**WHAT YOU SHOULD DO:**
Search the entries below for the line containing "h : z / 146097 < first_era"; from there to the end, return every line exactly and add nothing.

**SOURCE MATERIAL:**
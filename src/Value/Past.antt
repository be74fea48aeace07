-- ===== src/Value/Past.antt =====
-- `civil_from_days` of src/value.rs before the year 0, where its eras count down.
use fing.Base.{
  ℕ, suc, ◌+◌, ◌-◌, ◌*◌, ◌/◌, ◌%◌, ◌^◌, ◌≤◌, ◌<◌, false, ◌≡◌, refl, ap, subst, sym, ◌∙◌, arith, leb,
  if◌then◌else◌,
}
use fing.Base.Int.{ℤ, pos, negsuc, sub_ℕ, ◌+ℤ◌, ◌-ℤ◌, ◌*ℤ◌, ◌≤ℤ◌, quot_ℤ, wrap64, wrap32}
use fing.Value.Date.{year_number, civil_from_era, civil_from_days}
use fing.Value.Calendar.{IsDate}
use fing.Value.Eras.{year_of_era, year_of_era-bounds}
use fing.Value.Months.{day_of, month_of}
use fing.Value.Machine.{day_after, year_at, civil_from_era-of}
use fing.Value.Dates.{year_at-IsAt, IsAt-IsDate}

-- How far back the years of an era fit an `i32`.
abbrev pub first_era : ℕ
first_era = 5368709

mul_400 : (e : ℕ) → e ≤ first_era → wrap64 (negsuc e *ℤ pos 400) ≡ negsuc (399 + 400 * e)
unfolding wrap64 ◌*ℤ◌
mul_400 e h = ground arith

mul_146097 :
    (e : ℕ) → e ≤ first_era → wrap64 (negsuc e *ℤ pos 146097) ≡ negsuc (146096 + 146097 * e)
unfolding wrap64 ◌*ℤ◌
mul_146097 e h = ground arith

add_back : (a b : ℕ) → a < 2 ^ 31 → b < 2 ^ 62 → wrap64 (pos a +ℤ negsuc b) ≡ sub_ℕ a (suc b)
unfolding wrap64 ◌+ℤ◌
add_back a b h l = ground arith

year_number-sub :
    (m a b : ℕ)
    → a < 2 ^ 31
    → b < 2 ^ 62
    → year_number (pos m) (sub_ℕ a b) ≡ sub_ℕ (if leb m 2 then suc a else a) b
unfolding year_number wrap64 ◌+ℤ◌
year_number-sub m a b h l = ground arith

wrap32-sub : (a b : ℕ) → a < 2 ^ 31 → b ≤ 2 ^ 31 → wrap32 (sub_ℕ a b) ≡ sub_ℕ a b
unfolding wrap32
wrap32-sub a b h l = ground arith

back_an_era : (z : ℕ) → z < 2 ^ 62 → wrap64 (negsuc z -ℤ pos 146096) ≡ negsuc (z + 146096)
unfolding wrap64 ◌-ℤ◌
back_an_era z h = ground arith

era_back : (z : ℕ) → quot_ℤ (negsuc (z + 146096)) 146097 ≡ negsuc (z / 146097)
unfolding quot_ℤ
era_back z = ground arith

-- The day of an era that many days before its end.
abbrev day_back : ℕ → ℕ
day_back z = 146096 - z % 146097

from_era :
    (z : ℕ)
    → z < 2 ^ 62
    → wrap64 (negsuc z -ℤ negsuc (146096 + 146097 * (z / 146097))) ≡ pos (day_back z)
unfolding wrap64 ◌-ℤ◌
from_era z h = ground arith

civil_from_days-neg :
    (days : ℤ) (z : ℕ)
    → wrap64 (days +ℤ pos 719468) ≡ negsuc z
    → z / 146097 < first_era
    → civil_from_days days ≡ civil_from_era (negsuc (z / 146097)) (pos (day_back z))
unfolding civil_from_days
civil_from_days-neg days z e h =
    let negative : leb (0 + suc z) (0 + 0) ≡ false = ground arith in
    rw
      (
        e,
        negative,
        back_an_era z (omega arith),
        era_back z,
        mul_146097 (z / 146097) (omega arith),
        from_era z (omega arith),
      )
      refl

era_start :
    (a e : ℕ)
    → a < 400
    → e < first_era
    → wrap64 (pos a +ℤ wrap64 (negsuc e *ℤ pos 400)) ≡ sub_ℕ a (400 * suc e)
era_start a e l h =
    rw (mul_400 e (omega arith), add_back a (399 + 400 * e) (omega arith) (omega arith))
      (ap (sub_ℕ a) (omega arith))

year_past :
    (m a e : ℕ)
    → a < 400
    → e < first_era
    → wrap32 (year_number (pos m) (sub_ℕ a (400 * suc e)))
      ≡ sub_ℕ (if leb m 2 then suc (a + 400 * 0) else a + 400 * 0) (400 * suc e)
year_past m a e l h =
    ap wrap32 (year_number-sub m a (400 * suc e) (omega arith) (omega arith))
    ∙ wrap32-sub (if leb m 2 then suc a else a) (400 * suc e) (ground arith) (omega arith)
    ∙ ap (λ (y : ℕ). sub_ℕ (if leb m 2 then suc y else y) (400 * suc e)) (omega arith)

civil_from_era-neg :
    (e doe : ℕ)
    → e < first_era
    → doe < 146097
    → civil_from_era (negsuc e) (pos doe)
      ≡ (sub_ℕ (year_at 0 doe) (400 * suc e), month_of (day_after doe), day_of (day_after doe))
civil_from_era-neg e doe h l =
    civil_from_era-of (negsuc e) doe (sub_ℕ (year_of_era doe) (400 * suc e)) l
      (era_start (year_of_era doe) e lt h)
    ∙ ap (λ (y : ℤ). (y, month_of (day_after doe), day_of (day_after doe)))
        (year_past (month_of (day_after doe)) (year_of_era doe) e lt h)
  where
    lt : year_of_era doe < 400
    lt = (year_of_era-bounds doe l).0

-- The calendar repeats itself every 400 years, which are 146097 days: a date is one of the calendar
-- when the date so many times 400 years later is.
abbrev pub IsProleptic : ℤ → ℤ × ℕ × ℕ → Type 0
IsProleptic days (y, m, d) =
    (e : ℕ) × (year : ℕ) × (y ≡ sub_ℕ year (400 * e))
    × IsDate (days +ℤ pos (146097 * e)) (pos year, m, d)

past : (a : ℕ) → 719468 ≤ a → a < 2 ^ 62 → wrap64 (negsuc a +ℤ pos 719468) ≡ negsuc (a - 719468)
unfolding wrap64 ◌+ℤ◌
past a l h = ground arith

to_era :
    (z : ℕ)
    → (negsuc (z + 719468) +ℤ pos (146097 * suc (z / 146097))) +ℤ pos 719528 ≡ pos (day_back z + 60)
unfolding ◌+ℤ◌
to_era z = ground arith

IsProleptic-days :
    (z : ℕ)
    → z / 146097 < first_era
    → IsProleptic (negsuc (z + 719468)) (
      sub_ℕ (year_at 0 (day_back z)) (400 * suc (z / 146097)),
      month_of (day_after (day_back z)),
      day_of (day_after (day_back z)),
    )
IsProleptic-days z h = (
  suc (z / 146097),
  year_at 0 (day_back z),
  refl,
  IsAt-IsDate (negsuc (z + 719468) +ℤ pos (146097 * suc (z / 146097))) _ _ _ _ _
      (year_at-IsAt 0 (day_back z) (omega arith)) (to_era z) (omega arith),
)

never : (a : ℕ) → pos a ≤ℤ negsuc 719468 → ⊥
never a h = omega (arith, h)

-- Before 0000-03-01, down to the first day whose year an `i32` holds by whole eras, the conversion
-- gives a date that is one of the calendar when a whole number of 400-year cycles is added to it:
-- its year is that many times 400 before the year of the cycles added.
pub civil_from_days-IsProleptic :
    (days : ℤ)
    → negsuc 784352998240 ≤ℤ days
    → days ≤ℤ negsuc 719468
    → IsProleptic days (civil_from_days days)
civil_from_days-IsProleptic (pos a) low high = absurd (never a high)
civil_from_days-IsProleptic (negsuc a) low high =
    subst (λ (days : ℤ). IsProleptic days (civil_from_days days)) same
      (subst (IsProleptic (negsuc (z + 719468))) (sym computed) (IsProleptic-days z h))
  where
    z : ℕ
    z = a - 719468

    same : negsuc (z + 719468) ≡ negsuc a
    same = ap negsuc (omega (arith, high))

    h : z / 146097 < first_era
    h = omega (arith, low)

    computed : civil_from_days (negsuc (z + 719468)) ≡ (
      sub_ℕ (year_at 0 (day_back z)) (400 * suc (z / 146097)),
      month_of (day_after (day_back z)),
      day_of (day_after (day_back z)),
    )
    computed =
        civil_from_days-neg (negsuc (z + 719468)) z
          (past (z + 719468) (omega arith) (omega arith) ∙ ap negsuc (omega arith)) h
        ∙ civil_from_era-neg (z / 146097) (day_back z) h (omega arith)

**SOLUTION TO THE EXERCISE:**
    h : z / 146097 < first_era
    h = omega (arith, low)

    computed : civil_from_days (negsuc (z + 719468)) ≡ (
      sub_ℕ (year_at 0 (day_back z)) (400 * suc (z / 146097)),
      month_of (day_after (day_back z)),
      day_of (day_after (day_back z)),
    )
    computed =
        civil_from_days-neg (negsuc (z + 719468)) z
          (past (z + 719468) (omega arith) (omega arith) ∙ ap negsuc (omega arith)) h
        ∙ civil_from_era-neg (z / 146097) (day_back z) h (omega arith)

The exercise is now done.